EXERCISE REQUIREMENTS: Among the entries below, please repeat exactly and only the lines from the line containing "env_samples-bounds : env_samples" to the line containing "parse_args-IsUsable _ start", both lines included.

TASK DATA:
- Opening Delimiter -

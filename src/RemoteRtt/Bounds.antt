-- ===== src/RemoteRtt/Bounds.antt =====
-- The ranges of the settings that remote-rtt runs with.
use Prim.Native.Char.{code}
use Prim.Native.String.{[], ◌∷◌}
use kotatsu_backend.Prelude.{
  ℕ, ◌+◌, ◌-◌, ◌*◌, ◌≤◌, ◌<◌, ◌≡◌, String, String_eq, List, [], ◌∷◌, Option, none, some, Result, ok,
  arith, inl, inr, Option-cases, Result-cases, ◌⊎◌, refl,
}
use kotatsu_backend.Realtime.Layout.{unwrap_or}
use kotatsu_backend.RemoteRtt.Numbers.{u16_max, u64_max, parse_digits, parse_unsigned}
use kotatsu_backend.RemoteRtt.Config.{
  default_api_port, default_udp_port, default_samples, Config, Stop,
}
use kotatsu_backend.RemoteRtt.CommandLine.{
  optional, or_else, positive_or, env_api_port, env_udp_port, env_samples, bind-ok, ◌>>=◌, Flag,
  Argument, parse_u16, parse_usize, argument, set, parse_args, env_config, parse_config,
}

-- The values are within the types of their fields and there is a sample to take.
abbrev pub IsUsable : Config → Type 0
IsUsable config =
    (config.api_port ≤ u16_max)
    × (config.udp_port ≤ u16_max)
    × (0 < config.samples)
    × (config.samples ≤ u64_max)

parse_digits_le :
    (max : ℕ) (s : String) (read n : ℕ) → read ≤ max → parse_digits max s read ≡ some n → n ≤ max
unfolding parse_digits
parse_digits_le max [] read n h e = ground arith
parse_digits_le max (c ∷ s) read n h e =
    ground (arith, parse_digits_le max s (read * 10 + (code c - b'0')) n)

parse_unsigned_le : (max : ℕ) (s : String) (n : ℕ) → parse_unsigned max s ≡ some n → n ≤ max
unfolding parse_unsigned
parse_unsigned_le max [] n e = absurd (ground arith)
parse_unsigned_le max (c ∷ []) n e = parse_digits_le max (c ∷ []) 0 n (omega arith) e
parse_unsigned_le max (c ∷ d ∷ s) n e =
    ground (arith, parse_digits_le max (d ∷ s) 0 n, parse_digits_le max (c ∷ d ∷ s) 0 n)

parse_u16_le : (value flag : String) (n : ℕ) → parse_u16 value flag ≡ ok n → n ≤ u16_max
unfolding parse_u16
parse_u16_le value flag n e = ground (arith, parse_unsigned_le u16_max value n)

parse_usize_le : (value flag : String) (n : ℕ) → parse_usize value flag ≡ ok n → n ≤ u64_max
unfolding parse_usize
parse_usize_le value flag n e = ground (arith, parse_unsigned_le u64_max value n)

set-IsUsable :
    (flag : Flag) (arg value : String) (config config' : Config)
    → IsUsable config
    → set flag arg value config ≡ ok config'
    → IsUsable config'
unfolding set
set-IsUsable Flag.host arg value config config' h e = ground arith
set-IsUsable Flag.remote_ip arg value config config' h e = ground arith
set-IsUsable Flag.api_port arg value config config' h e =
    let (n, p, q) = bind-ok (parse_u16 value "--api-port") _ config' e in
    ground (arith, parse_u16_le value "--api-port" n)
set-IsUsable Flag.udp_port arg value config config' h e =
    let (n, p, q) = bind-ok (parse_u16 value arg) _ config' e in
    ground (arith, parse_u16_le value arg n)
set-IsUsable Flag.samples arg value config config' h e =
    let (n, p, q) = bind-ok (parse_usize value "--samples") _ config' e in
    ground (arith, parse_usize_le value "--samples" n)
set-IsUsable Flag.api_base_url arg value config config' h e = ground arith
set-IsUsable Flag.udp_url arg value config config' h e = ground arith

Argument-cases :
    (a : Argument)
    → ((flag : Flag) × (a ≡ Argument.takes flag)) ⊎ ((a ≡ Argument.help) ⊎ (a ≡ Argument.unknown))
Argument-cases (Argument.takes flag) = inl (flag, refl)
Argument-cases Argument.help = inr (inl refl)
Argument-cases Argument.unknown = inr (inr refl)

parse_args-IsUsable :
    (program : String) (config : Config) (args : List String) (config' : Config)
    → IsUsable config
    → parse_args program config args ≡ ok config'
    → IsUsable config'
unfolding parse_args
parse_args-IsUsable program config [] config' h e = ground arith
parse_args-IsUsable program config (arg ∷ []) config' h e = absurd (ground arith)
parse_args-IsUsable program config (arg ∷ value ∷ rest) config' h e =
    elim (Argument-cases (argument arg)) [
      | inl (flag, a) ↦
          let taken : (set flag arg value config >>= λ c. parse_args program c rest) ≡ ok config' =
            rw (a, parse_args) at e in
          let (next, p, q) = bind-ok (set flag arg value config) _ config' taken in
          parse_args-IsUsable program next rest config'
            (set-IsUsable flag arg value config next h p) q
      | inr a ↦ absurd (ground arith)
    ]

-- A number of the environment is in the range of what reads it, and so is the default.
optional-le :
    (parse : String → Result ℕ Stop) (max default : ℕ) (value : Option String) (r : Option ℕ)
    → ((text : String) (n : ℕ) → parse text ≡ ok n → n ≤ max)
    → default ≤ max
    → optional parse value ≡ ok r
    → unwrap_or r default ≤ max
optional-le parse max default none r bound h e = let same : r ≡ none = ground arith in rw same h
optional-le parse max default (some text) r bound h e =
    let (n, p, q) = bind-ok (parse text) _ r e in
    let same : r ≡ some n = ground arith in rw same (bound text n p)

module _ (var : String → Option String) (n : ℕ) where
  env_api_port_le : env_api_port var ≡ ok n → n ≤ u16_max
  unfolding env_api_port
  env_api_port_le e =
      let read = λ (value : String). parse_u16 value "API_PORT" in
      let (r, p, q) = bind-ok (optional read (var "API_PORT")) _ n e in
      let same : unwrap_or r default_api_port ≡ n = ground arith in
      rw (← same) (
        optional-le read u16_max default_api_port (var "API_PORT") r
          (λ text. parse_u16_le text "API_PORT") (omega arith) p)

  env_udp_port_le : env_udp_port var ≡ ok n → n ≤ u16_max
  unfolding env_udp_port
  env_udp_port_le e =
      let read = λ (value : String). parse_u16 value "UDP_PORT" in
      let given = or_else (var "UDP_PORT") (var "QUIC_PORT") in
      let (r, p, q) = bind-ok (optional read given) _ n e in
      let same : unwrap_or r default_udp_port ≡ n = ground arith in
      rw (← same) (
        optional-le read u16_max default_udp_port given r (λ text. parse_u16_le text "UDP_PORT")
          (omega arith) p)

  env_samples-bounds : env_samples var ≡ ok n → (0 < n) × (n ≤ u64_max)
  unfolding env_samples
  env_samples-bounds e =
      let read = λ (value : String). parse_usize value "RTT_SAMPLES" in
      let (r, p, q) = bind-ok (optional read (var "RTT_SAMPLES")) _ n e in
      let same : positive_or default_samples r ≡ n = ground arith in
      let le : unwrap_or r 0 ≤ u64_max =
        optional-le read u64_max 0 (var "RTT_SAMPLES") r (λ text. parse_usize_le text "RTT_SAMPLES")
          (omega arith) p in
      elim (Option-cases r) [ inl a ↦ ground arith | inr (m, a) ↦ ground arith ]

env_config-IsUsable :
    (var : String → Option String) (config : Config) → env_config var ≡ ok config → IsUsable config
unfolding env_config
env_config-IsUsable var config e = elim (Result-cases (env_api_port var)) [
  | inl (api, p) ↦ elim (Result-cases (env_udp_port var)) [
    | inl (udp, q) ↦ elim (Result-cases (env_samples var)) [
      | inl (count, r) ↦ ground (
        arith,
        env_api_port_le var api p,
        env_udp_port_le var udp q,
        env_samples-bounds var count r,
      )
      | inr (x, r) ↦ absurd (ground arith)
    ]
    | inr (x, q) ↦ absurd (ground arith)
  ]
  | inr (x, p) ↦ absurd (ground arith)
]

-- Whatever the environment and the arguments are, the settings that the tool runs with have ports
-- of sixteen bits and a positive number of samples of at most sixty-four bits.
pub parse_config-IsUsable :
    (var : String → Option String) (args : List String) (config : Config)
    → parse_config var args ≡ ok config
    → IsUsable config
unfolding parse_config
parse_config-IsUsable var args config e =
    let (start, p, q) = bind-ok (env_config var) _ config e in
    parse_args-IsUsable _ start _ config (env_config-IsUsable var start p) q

- Closing Delimiter -
- Opening Delimiter -

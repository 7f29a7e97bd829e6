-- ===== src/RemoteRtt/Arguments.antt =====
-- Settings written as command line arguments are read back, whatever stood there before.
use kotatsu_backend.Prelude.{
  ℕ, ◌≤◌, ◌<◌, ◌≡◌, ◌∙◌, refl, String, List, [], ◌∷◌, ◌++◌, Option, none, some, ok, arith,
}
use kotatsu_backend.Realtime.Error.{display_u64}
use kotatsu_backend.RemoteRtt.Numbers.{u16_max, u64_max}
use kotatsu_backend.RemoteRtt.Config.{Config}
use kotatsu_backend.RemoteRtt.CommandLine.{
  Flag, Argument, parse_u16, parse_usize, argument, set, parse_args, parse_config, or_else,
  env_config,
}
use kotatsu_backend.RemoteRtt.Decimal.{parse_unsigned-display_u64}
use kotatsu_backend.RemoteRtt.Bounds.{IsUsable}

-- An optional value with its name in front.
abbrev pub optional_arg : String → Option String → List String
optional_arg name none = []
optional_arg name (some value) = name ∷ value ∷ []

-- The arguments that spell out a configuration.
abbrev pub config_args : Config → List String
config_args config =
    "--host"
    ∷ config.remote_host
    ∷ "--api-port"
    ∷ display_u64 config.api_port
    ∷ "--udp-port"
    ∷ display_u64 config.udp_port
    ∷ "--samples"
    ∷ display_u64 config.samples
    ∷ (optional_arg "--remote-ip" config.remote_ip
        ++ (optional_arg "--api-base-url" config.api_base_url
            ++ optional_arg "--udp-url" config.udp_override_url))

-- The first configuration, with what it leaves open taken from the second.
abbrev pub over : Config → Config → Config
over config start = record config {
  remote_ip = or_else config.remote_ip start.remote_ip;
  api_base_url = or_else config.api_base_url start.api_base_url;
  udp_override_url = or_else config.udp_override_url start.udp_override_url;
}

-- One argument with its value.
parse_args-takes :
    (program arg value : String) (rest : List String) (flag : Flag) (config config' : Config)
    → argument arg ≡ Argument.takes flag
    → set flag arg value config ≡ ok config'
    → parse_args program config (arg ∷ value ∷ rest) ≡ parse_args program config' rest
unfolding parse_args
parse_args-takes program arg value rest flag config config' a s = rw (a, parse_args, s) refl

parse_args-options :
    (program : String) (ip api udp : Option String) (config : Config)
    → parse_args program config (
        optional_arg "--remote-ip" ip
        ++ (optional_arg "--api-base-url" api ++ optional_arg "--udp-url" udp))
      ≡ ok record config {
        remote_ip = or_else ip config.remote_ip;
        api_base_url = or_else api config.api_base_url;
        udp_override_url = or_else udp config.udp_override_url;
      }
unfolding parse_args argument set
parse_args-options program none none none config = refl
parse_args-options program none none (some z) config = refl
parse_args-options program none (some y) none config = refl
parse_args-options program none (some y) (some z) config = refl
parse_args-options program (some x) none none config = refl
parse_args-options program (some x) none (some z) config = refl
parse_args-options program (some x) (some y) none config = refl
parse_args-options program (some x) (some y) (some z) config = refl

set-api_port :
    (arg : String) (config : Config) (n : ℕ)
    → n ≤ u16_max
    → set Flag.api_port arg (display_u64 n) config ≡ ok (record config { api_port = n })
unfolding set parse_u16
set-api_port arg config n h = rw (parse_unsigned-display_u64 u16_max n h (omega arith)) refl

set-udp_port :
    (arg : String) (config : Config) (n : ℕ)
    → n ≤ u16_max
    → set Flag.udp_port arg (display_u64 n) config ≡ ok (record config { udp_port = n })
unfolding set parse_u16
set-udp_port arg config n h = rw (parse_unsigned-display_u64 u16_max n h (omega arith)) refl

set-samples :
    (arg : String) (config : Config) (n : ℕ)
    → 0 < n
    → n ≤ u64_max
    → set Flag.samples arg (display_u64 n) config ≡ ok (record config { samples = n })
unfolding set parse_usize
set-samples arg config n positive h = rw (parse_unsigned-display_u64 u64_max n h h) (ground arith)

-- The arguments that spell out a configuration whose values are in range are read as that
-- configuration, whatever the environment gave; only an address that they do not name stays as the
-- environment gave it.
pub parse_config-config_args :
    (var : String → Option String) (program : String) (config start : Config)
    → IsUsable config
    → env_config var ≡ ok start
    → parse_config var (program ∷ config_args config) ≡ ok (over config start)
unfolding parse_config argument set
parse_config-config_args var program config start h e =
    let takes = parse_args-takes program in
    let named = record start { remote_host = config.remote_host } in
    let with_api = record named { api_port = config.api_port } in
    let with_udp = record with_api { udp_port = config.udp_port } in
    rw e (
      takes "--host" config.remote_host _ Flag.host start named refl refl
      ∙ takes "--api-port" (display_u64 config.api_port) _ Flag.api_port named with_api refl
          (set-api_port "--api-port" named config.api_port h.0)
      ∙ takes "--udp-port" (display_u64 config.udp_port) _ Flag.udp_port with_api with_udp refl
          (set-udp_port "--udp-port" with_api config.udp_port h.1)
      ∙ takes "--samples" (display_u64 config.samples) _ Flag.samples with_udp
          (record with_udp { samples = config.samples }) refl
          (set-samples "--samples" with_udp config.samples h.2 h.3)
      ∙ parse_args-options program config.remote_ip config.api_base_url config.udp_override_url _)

- Closing Delimiter -

WRITTEN REPLY:
  env_samples-bounds : env_samples var ≡ ok n → (0 < n) × (n ≤ u64_max)
  unfolding env_samples
  env_samples-bounds e =
      let read = λ (value : String). parse_usize value "RTT_SAMPLES" in
      let (r, p, q) = bind-ok (optional read (var "RTT_SAMPLES")) _ n e in
      let same : positive_or default_samples r ≡ n = ground arith in
      let le : unwrap_or r 0 ≤ u64_max =
        optional-le read u64_max 0 (var "RTT_SAMPLES") r (λ text. parse_usize_le text "RTT_SAMPLES")
          (omega arith) p in
      elim (Option-cases r) [ inl a ↦ ground arith | inr (m, a) ↦ ground arith ]

env_config-IsUsable :
    (var : String → Option String) (config : Config) → env_config var ≡ ok config → IsUsable config
unfolding env_config
env_config-IsUsable var config e = elim (Result-cases (env_api_port var)) [
  | inl (api, p) ↦ elim (Result-cases (env_udp_port var)) [
    | inl (udp, q) ↦ elim (Result-cases (env_samples var)) [
      | inl (count, r) ↦ ground (
        arith,
        env_api_port_le var api p,
        env_udp_port_le var udp q,
        env_samples-bounds var count r,
      )
      | inr (x, r) ↦ absurd (ground arith)
    ]
    | inr (x, q) ↦ absurd (ground arith)
  ]
  | inr (x, p) ↦ absurd (ground arith)
]

-- Whatever the environment and the arguments are, the settings that the tool runs with have ports
-- of sixteen bits and a positive number of samples of at most sixty-four bits.
pub parse_config-IsUsable :
    (var : String → Option String) (args : List String) (config : Config)
    → parse_config var args ≡ ok config
    → IsUsable config
unfolding parse_config
parse_config-IsUsable var args config e =
    let (start, p, q) = bind-ok (env_config var) _ config e in
    parse_args-IsUsable _ start _ config (env_config-IsUsable var start p) q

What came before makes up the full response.